Saved entries:
>>>

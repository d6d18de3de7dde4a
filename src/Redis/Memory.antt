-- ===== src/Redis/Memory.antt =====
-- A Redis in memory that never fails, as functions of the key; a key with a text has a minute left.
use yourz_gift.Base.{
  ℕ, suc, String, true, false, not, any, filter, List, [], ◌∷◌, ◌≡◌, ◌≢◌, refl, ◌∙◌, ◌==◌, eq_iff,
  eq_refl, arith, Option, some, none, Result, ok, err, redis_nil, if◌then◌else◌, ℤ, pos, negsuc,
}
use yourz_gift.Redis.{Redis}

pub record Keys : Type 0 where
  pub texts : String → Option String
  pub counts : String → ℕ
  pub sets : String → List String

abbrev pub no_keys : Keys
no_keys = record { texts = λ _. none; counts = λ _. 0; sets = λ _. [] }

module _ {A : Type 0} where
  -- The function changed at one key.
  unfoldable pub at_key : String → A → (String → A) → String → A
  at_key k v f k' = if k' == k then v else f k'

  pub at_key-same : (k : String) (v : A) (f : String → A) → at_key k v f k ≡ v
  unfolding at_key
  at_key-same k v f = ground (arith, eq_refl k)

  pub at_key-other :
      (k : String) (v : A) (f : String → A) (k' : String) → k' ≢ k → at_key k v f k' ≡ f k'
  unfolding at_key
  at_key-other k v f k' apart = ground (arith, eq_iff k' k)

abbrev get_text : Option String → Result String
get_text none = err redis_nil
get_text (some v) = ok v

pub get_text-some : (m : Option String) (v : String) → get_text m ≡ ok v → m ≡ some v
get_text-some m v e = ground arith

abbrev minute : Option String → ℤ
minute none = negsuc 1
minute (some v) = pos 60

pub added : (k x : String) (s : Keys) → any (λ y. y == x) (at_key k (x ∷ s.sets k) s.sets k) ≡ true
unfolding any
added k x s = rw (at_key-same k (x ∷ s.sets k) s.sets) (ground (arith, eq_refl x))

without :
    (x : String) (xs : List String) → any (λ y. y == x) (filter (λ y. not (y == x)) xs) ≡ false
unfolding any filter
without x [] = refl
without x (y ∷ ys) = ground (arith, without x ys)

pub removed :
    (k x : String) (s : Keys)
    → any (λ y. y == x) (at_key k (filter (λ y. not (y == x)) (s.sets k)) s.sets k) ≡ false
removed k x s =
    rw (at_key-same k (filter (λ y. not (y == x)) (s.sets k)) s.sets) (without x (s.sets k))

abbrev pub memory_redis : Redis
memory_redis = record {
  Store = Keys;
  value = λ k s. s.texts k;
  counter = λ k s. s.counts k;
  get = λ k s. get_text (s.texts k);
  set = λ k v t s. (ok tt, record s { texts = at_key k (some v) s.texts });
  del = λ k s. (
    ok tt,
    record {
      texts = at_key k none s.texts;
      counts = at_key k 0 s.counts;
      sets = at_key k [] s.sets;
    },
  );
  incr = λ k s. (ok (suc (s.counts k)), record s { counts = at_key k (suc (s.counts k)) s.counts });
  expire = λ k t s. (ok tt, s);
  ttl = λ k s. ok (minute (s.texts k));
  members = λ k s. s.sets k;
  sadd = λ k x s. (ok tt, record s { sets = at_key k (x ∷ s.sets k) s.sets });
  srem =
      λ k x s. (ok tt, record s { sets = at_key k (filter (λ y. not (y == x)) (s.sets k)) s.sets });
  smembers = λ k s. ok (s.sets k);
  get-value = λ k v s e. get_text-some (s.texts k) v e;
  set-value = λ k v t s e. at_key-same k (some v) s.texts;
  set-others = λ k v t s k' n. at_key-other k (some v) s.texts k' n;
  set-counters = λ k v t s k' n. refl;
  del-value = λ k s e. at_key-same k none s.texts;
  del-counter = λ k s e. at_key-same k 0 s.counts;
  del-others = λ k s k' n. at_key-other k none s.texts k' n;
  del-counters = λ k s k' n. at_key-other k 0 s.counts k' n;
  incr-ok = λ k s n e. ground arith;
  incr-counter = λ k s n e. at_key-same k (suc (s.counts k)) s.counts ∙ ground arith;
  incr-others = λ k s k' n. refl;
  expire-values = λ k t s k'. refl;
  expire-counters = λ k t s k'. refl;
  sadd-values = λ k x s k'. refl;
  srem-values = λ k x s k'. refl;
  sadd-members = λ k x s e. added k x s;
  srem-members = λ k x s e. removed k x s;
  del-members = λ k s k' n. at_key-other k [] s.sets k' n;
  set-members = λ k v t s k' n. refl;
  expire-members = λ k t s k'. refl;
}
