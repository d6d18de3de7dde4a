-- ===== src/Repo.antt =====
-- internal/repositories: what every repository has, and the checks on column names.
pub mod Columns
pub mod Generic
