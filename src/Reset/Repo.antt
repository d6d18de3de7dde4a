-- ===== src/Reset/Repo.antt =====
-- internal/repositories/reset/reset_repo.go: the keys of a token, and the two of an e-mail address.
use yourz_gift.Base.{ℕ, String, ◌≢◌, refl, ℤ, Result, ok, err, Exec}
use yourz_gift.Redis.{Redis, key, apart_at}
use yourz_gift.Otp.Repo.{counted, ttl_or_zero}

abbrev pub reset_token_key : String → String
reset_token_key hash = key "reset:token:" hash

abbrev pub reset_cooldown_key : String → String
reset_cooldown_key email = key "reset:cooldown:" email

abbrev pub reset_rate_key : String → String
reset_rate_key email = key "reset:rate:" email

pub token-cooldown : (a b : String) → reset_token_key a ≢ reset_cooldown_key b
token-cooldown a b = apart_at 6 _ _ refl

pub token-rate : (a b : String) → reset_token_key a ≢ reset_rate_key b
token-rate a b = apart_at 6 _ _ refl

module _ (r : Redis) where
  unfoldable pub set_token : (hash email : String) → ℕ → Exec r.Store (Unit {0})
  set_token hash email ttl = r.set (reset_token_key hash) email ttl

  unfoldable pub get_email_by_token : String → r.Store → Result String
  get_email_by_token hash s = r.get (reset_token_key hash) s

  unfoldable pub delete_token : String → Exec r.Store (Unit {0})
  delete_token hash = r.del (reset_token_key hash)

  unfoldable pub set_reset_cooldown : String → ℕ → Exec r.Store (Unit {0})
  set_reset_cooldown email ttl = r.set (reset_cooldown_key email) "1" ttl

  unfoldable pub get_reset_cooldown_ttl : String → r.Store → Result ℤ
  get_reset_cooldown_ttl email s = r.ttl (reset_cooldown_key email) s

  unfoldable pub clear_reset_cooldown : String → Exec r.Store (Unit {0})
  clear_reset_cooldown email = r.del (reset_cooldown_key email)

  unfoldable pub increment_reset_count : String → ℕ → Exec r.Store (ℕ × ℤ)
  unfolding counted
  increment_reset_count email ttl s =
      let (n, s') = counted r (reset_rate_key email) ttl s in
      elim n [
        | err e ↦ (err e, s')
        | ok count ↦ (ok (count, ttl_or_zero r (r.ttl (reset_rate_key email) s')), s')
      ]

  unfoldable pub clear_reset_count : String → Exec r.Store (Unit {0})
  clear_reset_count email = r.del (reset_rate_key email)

<<<

What the task asks = May I have the entries returned exactly, with every line in place?

Finished task =
repository d6d18de3de7dde4a
filename src/Redis/Memory.antt
-- ===== src/Redis/Memory.antt =====
-- A Redis in memory that never fails, as functions of the key; a key with a text has a minute left.
use yourz_gift.Base.{
  ℕ, suc, String, true, false, not, any, filter, List, [], ◌∷◌, ◌≡◌, ◌≢◌, refl, ◌∙◌, ◌==◌, eq_iff,
  eq_refl, arith, Option, some, none, Result, ok, err, redis_nil, if◌then◌else◌, ℤ, pos, negsuc,
}
use yourz_gift.Redis.{Redis}

pub record Keys : Type 0 where
  pub texts : String → Option String
  pub counts : String → ℕ
  pub sets : String → List String

abbrev pub no_keys : Keys
no_keys = record { texts = λ _. none; counts = λ _. 0; sets = λ _. [] }

module _ {A : Type 0} where
  -- The function changed at one key.
  unfoldable pub at_key : String → A → (String → A) → String → A
  at_key k v f k' = if k' == k then v else f k'

  pub at_key-same : (k : String) (v : A) (f : String → A) → at_key k v f k ≡ v
  unfolding at_key
  at_key-same k v f = ground (arith, eq_refl k)

  pub at_key-other :
      (k : String) (v : A) (f : String → A) (k' : String) → k' ≢ k → at_key k v f k' ≡ f k'
  unfolding at_key
  at_key-other k v f k' apart = ground (arith, eq_iff k' k)

abbrev get_text : Option String → Result String
get_text none = err redis_nil
get_text (some v) = ok v

pub get_text-some : (m : Option String) (v : String) → get_text m ≡ ok v → m ≡ some v
get_text-some m v e = ground arith

abbrev minute : Option String → ℤ
minute none = negsuc 1
minute (some v) = pos 60

pub added : (k x : String) (s : Keys) → any (λ y. y == x) (at_key k (x ∷ s.sets k) s.sets k) ≡ true
unfolding any
added k x s = rw (at_key-same k (x ∷ s.sets k) s.sets) (ground (arith, eq_refl x))

without :
    (x : String) (xs : List String) → any (λ y. y == x) (filter (λ y. not (y == x)) xs) ≡ false
unfolding any filter
without x [] = refl
without x (y ∷ ys) = ground (arith, without x ys)

pub removed :
    (k x : String) (s : Keys)
    → any (λ y. y == x) (at_key k (filter (λ y. not (y == x)) (s.sets k)) s.sets k) ≡ false
removed k x s =
    rw (at_key-same k (filter (λ y. not (y == x)) (s.sets k)) s.sets) (without x (s.sets k))

abbrev pub memory_redis : Redis
memory_redis = record {
  Store = Keys;
  value = λ k s. s.texts k;
  counter = λ k s. s.counts k;
  get = λ k s. get_text (s.texts k);
  set = λ k v t s. (ok tt, record s { texts = at_key k (some v) s.texts });
  del = λ k s. (
    ok tt,
    record {
      texts = at_key k none s.texts;
      counts = at_key k 0 s.counts;
      sets = at_key k [] s.sets;
    },
  );
  incr = λ k s. (ok (suc (s.counts k)), record s { counts = at_key k (suc (s.counts k)) s.counts });
  expire = λ k t s. (ok tt, s);
  ttl = λ k s. ok (minute (s.texts k));
  members = λ k s. s.sets k;
  sadd = λ k x s. (ok tt, record s { sets = at_key k (x ∷ s.sets k) s.sets });
  srem =
      λ k x s. (ok tt, record s { sets = at_key k (filter (λ y. not (y == x)) (s.sets k)) s.sets });
  smembers = λ k s. ok (s.sets k);
  get-value = λ k v s e. get_text-some (s.texts k) v e;
  set-value = λ k v t s e. at_key-same k (some v) s.texts;
  set-others = λ k v t s k' n. at_key-other k (some v) s.texts k' n;
  set-counters = λ k v t s k' n. refl;
  del-value = λ k s e. at_key-same k none s.texts;
  del-counter = λ k s e. at_key-same k 0 s.counts;
  del-others = λ k s k' n. at_key-other k none s.texts k' n;
  del-counters = λ k s k' n. at_key-other k 0 s.counts k' n;
  incr-ok = λ k s n e. ground arith;
  incr-counter = λ k s n e. at_key-same k (suc (s.counts k)) s.counts ∙ ground arith;
  incr-others = λ k s k' n. refl;
  expire-values = λ k t s k'. refl;
  expire-counters = λ k t s k'. refl;
  sadd-values = λ k x s k'. refl;
  srem-values = λ k x s k'. refl;
  sadd-members = λ k x s e. added k x s;
  srem-members = λ k x s e. removed k x s;
  del-members = λ k s k' n. at_key-other k [] s.sets k' n;
  set-members = λ k v t s k' n. refl;
  expire-members = λ k t s k'. refl;
}
repository d6d18de3de7dde4a
-- ===== src/Repo.antt =====
-- internal/repositories: what every repository has, and the checks on column names.
pub mod Columns
pub mod Generic
filename src/Reset/Repo.antt
repository d6d18de3de7dde4a
-- ===== src/Reset/Repo.antt =====
-- internal/repositories/reset/reset_repo.go: the keys of a token, and the two of an e-mail address.
use yourz_gift.Base.{ℕ, String, ◌≢◌, refl, ℤ, Result, ok, err, Exec}
use yourz_gift.Redis.{Redis, key, apart_at}
use yourz_gift.Otp.Repo.{counted, ttl_or_zero}

abbrev pub reset_token_key : String → String
reset_token_key hash = key "reset:token:" hash

abbrev pub reset_cooldown_key : String → String
reset_cooldown_key email = key "reset:cooldown:" email

abbrev pub reset_rate_key : String → String
reset_rate_key email = key "reset:rate:" email

pub token-cooldown : (a b : String) → reset_token_key a ≢ reset_cooldown_key b
token-cooldown a b = apart_at 6 _ _ refl

pub token-rate : (a b : String) → reset_token_key a ≢ reset_rate_key b
token-rate a b = apart_at 6 _ _ refl

module _ (r : Redis) where
  unfoldable pub set_token : (hash email : String) → ℕ → Exec r.Store (Unit {0})
  set_token hash email ttl = r.set (reset_token_key hash) email ttl

  unfoldable pub get_email_by_token : String → r.Store → Result String
  get_email_by_token hash s = r.get (reset_token_key hash) s

  unfoldable pub delete_token : String → Exec r.Store (Unit {0})
  delete_token hash = r.del (reset_token_key hash)

  unfoldable pub set_reset_cooldown : String → ℕ → Exec r.Store (Unit {0})
  set_reset_cooldown email ttl = r.set (reset_cooldown_key email) "1" ttl

  unfoldable pub get_reset_cooldown_ttl : String → r.Store → Result ℤ
  get_reset_cooldown_ttl email s = r.ttl (reset_cooldown_key email) s

  unfoldable pub clear_reset_cooldown : String → Exec r.Store (Unit {0})
  clear_reset_cooldown email = r.del (reset_cooldown_key email)

  unfoldable pub increment_reset_count : String → ℕ → Exec r.Store (ℕ × ℤ)
  unfolding counted
  increment_reset_count email ttl s =
      let (n, s') = counted r (reset_rate_key email) ttl s in
      elim n [
        | err e ↦ (err e, s')
        | ok count ↦ (ok (count, ttl_or_zero r (r.ttl (reset_rate_key email) s')), s')
      ]

  unfoldable pub clear_reset_count : String → Exec r.Store (Unit {0})
  clear_reset_count email = r.del (reset_rate_key email)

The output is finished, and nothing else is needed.